Prospectus Summary – Nasdaq Deficiency:
Notwithstanding, the Company must await Nasdaq’s formal confirmation that it has evidenced compliance with the Equity Rule. Nasdaq has indicated that if the Company’s stockholder’s equity as of
June 30, 2025 included in the Company’s Quarterly Report for the quarter ended June 30, 2025 does not show a stockholder’s equity of $2,500,000, despite the compliance with the Equity Rule on April 15, 2025, the Company may again be subject to
delisting from Nasdaq. Furthermore, if deemed compliant, Nasdaq will continue to monitor the Company to ensure its ongoing compliance with the Equity Rule and, if at the time of filing of the
Company’s next periodic financial statements the Company does not evidence compliance with the Equity Rule, the Company may again be subject to delisting from Nasdaq.
In response to the Staff’s comment, the Company has also revised the related risk factor to disclose that this offering could cause the Company’s common stock price to fall below the minimum bid price, which could result
in the Company’s shares being delisted from Nasdaq.

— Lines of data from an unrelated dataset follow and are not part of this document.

-- ===== src/Compensation/Worker/Claim.antt =====
-- What the worker claims (services/worker-service/src/main.ts, `claimDueTasks`).
use kuajing.Base.{
  ℕ, ◌≡◌, ◌≤◌, true, false, List, [], ◌∷◌, All, map, take, length, inl, inr, Bool-cases,
}
use kuajing.Compensation.Tasks.{TaskRow}
use kuajing.Base.Sort.{pick, pick-All, sort-All, take-All, length-take}
use kuajing.Compensation.Worker.{is_due, due, by_time, among, set_processing, claim_due_tasks}

due-set_processing :
    (claimed : List TaskRow) (now : ℕ) (ts : List TaskRow)
    → All (λ (t : TaskRow). among t.id claimed ≡ false) (due now (map (set_processing claimed) ts))
unfolding due pick
due-set_processing claimed now [] = tt
due-set_processing claimed now (t ∷ ts) = elim (Bool-cases (among t.id claimed)) [
  | inl e ↦ rw e (due-set_processing claimed now ts)
  | inr e ↦ rw e (elim (Bool-cases (is_due now t)) [
    | inl f ↦ rw f (e, due-set_processing claimed now ts)
    | inr f ↦ rw f (due-set_processing claimed now ts)
  ])
]

-- A claim takes at most as many tasks as a batch holds, and each of them waits and is due. Whoever
-- claims next, at whatever time, gets none of them.
pub claim_due_tasks_exclusive :
    (batch_size now later : ℕ) (ts : List TaskRow)
    → let (claimed, ts') = claim_due_tasks batch_size now ts in
      (length claimed ≤ batch_size)
      × All (λ (t : TaskRow). is_due now t ≡ true) claimed
      × All (λ (t : TaskRow). among t.id claimed ≡ false) (claim_due_tasks batch_size later ts').0
unfolding claim_due_tasks due by_time
claim_due_tasks_exclusive batch_size now later ts = (
  length-take batch_size (by_time (due now ts)),
  chosen (λ t. is_due now t ≡ true) (due now ts) (pick-All (is_due now) ts),
  chosen unclaimed (due later (map (set_processing claimed) ts))
      (due-set_processing claimed later ts),
)
  where
    claimed : List TaskRow
    claimed = take batch_size (by_time (due now ts))

    unclaimed : TaskRow → Type 0
    unclaimed t = among t.id claimed ≡ false

    chosen :
        (P : TaskRow → Type 0) (rows : List TaskRow)
        → All P rows
        → All P (take batch_size (by_time rows))
    chosen P rows h = take-All P batch_size _ (sort-All P (λ t. t.next_run_at) rows h)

Risk Factors: This offering may cause the price of our Common Stock to decline and fall below the Minimum Bid Price Requirement required
by the Nasdaq Listing Rules, which could result in our Common Stock being delisted from The Nasdaq Capital Market. A delisting of our Common Stock from The Nasdaq Capital Market would adversely affect our ability to raise additional capital through
the public or private sale of equity securities, the ability of investors to dispose of the Common Stock or obtain accurate quotations as to the market value of our Common Stock and the price and value of our Common Stock.

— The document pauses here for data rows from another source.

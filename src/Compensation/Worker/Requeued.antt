-- ===== src/Compensation/Worker/Requeued.antt =====
-- A task that gave up and is queued again
-- (services/order-service/src/main.ts and services/worker-service/src/main.ts).
use kuajing.Base.{ℕ, ◌+◌, ◌≤◌, ◌≡◌, refl, true, false, ◌&&◌, some, ◌∷◌, arith, find, leb}
use kuajing.Base.Text.{Text}
use kuajing.Compensation.Tasks.{TaskRow, TaskInput, pending, is_task, new_task, requeued, enqueue}
use kuajing.Compensation.Tasks.Upsert.{find-enqueue}
use kuajing.Compensation.Worker.{
  Database, Stats, Answers, has_payload, letter_of, record_failure, process_task,
}

module _ (store_id id : Text) (next_run_at : ℕ) (correlation_id : Text) (input : TaskInput) where
  -- A task with no attempt left that is queued again waits under its key, and the next call that
  -- the inventory service refuses writes a dead letter for it: the attempts are not reset.
  pub enqueue_exhausted :
      (env : Answers) (db : Database) (stats : Stats) {t : TaskRow}
      → find (is_task store_id input.idempotency_key) db.tasks ≡ some t
      → t.max_attempts ≤ t.attempt_count + 1
      → let new = requeued (new_task store_id id next_run_at correlation_id input) t in
        has_payload input.reservation && env.accepts new ≡ false
        → let tasks = enqueue store_id id next_run_at correlation_id input db.tasks in
          (find (is_task store_id input.idempotency_key) tasks ≡ some new)
          × (new.status ≡ pending)
          × ((process_task env new (record db { tasks = tasks }, stats)).0.letters
              ≡ letter_of (env.letter_id new) env.message new ∷ db.letters)
  unfolding process_task record_failure
  enqueue_exhausted env db stats {t} there spent refused = (
    find-enqueue store_id id next_run_at correlation_id input db.tasks there,
    refl,
    rw refused (rw at_limit refl),
  )
    where
      at_limit : leb t.max_attempts (t.attempt_count + 1) ≡ true
      at_limit = ground arith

The issuance of a large number of shares of Common Stock in an offering at a price that is a discount to the market price of the stock, is likely to result in a decrease in the price of the Common
Stock. Our Common Stock is currently listed on The Nasdaq Capital Market. Continued listing of a security on The Nasdaq Capital Market is conditioned upon compliance with various continued listing standards. In particular, the requirements for The
Nasdaq Capital Market imposes a minimum $1.00 per share bid price requirement. To comply with this requirement, the closing price for our Common Stock must not fall below $1.00 for a 30 consecutive trading day period. If we are unable to maintain a
minimum closing price of $1.00 per share for the 30 consecutive trading days, we will receive a delist letter from the staff of The Nasdaq Stock Market. In addition to The Nasdaq Stock Market enumerated criteria for continued listing on The Nasdaq
Capital Market tier, The Nasdaq Stock Market also has broad discretionary public interest authority that it can exercise to apply additional or more stringent criteria for continued listing, or to suspend or delist securities even though the
securities meet all enumerated criteria for continued listing on The Nasdaq Stock Market.

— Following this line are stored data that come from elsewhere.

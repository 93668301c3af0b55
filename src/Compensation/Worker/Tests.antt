-- ===== src/Compensation/Worker/Tests.antt =====
-- Runs of the worker, and the theorems on tasks and dead letters at work on them
-- (services/worker-service/src/main.ts).
use kuajing.Base.{
  ℕ, ◌≡◌, ◌≤◌, refl, Bool, true, false, none, some, [], ◌∷◌, All, find, length, arith,
}
use kuajing.Base.Sort.{pick, sort_by, insert_by}
use kuajing.Base.Text.{codes, text_eq}
use kuajing.Base.Failure.{http, ok, err, conflict, not_found}
use kuajing.Compensation.Tasks.{
  inventory_confirm, pending, Reservation, TaskInput, TaskRow, new_task, requeued, is_task, enqueue,
}
use kuajing.Compensation.Worker.{
  retrying_letter, Database, Stats, Answers, is_due, due, by_time, among, claim_due_tasks,
  letter_of, record_failure, process_task, process_all, run_once,
}
use kuajing.Compensation.Worker.Claim.{claim_due_tasks_exclusive}
use kuajing.Compensation.Worker.Requeued.{enqueue_exhausted}
use kuajing.Compensation.Letters.{
  DecisionInput, normalize_decision, decided, retry_dead_letter_task, discard_dead_letter_task,
}
use kuajing.Compensation.Letters.Once.{retry_dead_letter_task_once}

abbrev reservation : Reservation
reservation = record { sku_id = codes "s1"; qty = 2; idempotency_key = codes "k1" }

abbrev input : TaskInput
input = record {
  task_type = inventory_confirm;
  aggregate_id = codes "o1";
  idempotency_key = codes "k1:c";
  reservation = reservation;
  last_error = codes "down";
}

-- A task with some attempts behind it.
abbrev task : ℕ → TaskRow
task attempts = record (new_task (codes "st") (codes "t1") 5 (codes "c1") input) {
  attempt_count = attempts;
}

abbrev tables : ℕ → Database
tables attempts = record { tasks = task attempts ∷ []; letters = []; audits = [] }

abbrev stats : Stats
stats = record { processed = 0; retried = 0; dead_lettered = 0 }

abbrev answering : Bool → Answers
answering accepts = record {
  now = 9;
  accepts = λ t. accepts;
  message = codes "no";
  letter_id = λ t. codes "l1";
}

-- The eighth refusal of a task is its last.
run_last : (run_once 20 (answering false) (tables 7, stats)).1 ≡ record stats { dead_lettered = 1 }
unfolding run_once claim_due_tasks due by_time pick sort_by insert_by process_all process_task
    record_failure
run_last = refl

claim_due_tasks_exclusive_example :
    let (claimed, ts) = claim_due_tasks 1 9 (task 0 ∷ []) in
    (length claimed ≤ 1)
    × All (λ (t : TaskRow). is_due 9 t ≡ true) claimed
    × All (λ (t : TaskRow). among t.id claimed ≡ false) (claim_due_tasks 1 10 ts).0
claim_due_tasks_exclusive_example = claim_due_tasks_exclusive 1 9 10 (task 0 ∷ [])

enqueue_exhausted_example :
    let new = requeued (new_task (codes "st") (codes "t2") 6 (codes "c2") input) (task 8) in
    let tasks = enqueue (codes "st") (codes "t2") 6 (codes "c2") input (task 8 ∷ []) in
    (find (is_task (codes "st") (codes "k1:c")) tasks ≡ some new)
    × (new.status ≡ pending)
    × ((process_task (answering false) new (record (tables 8) { tasks = tasks }, stats)).0.letters
        ≡ letter_of (codes "l1") (codes "no") new ∷ [])
unfolding text_eq
enqueue_exhausted_example =
    enqueue_exhausted (codes "st") (codes "t2") 6 (codes "c2") input (answering false) (tables 8)
      stats {t = task 8} refl (omega arith) refl

abbrev letters : Database
letters = record (tables 8) { letters = letter_of (codes "l1") (codes "no") (task 8) ∷ [] }

abbrev unsigned : DecisionInput
unsigned = record { handler_id = none; decision_note = none }

retry_dead_letter_task_once_example :
    let (answer, db) = retry_dead_letter_task 10 (codes "l1") unsigned letters in
    (answer
      ≡ ok (
          some (
            decided retrying_letter
              (normalize_decision unsigned)
              (letter_of (codes "l1") (codes "no") (task 8)))))
    × (retry_dead_letter_task 11 (codes "l1") unsigned db ≡ (err (http conflict), db))
    × (discard_dead_letter_task (codes "l1") unsigned db ≡ (err (http not_found), db))
unfolding text_eq
retry_dead_letter_task_once_example =
    retry_dead_letter_task_once 10 11 (codes "l1") unsigned unsigned letters refl refl
      {source = codes "t1"} refl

Additionally, in the event of a delisting notice, we would typically have an opportunity to appeal such decision to the Nasdaq Hearing Panel or take other measures to preserve the listing of our
Common Stock on The Nasdaq Capital Market, but these measures and any appeal may not be successful. If our Common Stock is delisted by The Nasdaq Stock Market, our Common Stock may be eligible to trade on an over-the-counter quotation system, where
an investor may find it more difficult to sell our Common Stock or obtain accurate quotations as to the market value of our Common Stock. We cannot ensure that our Common Stock, if delisted from The Nasdaq Capital Market, will be listed on any
national securities exchange or quoted on an over-the counter quotation system.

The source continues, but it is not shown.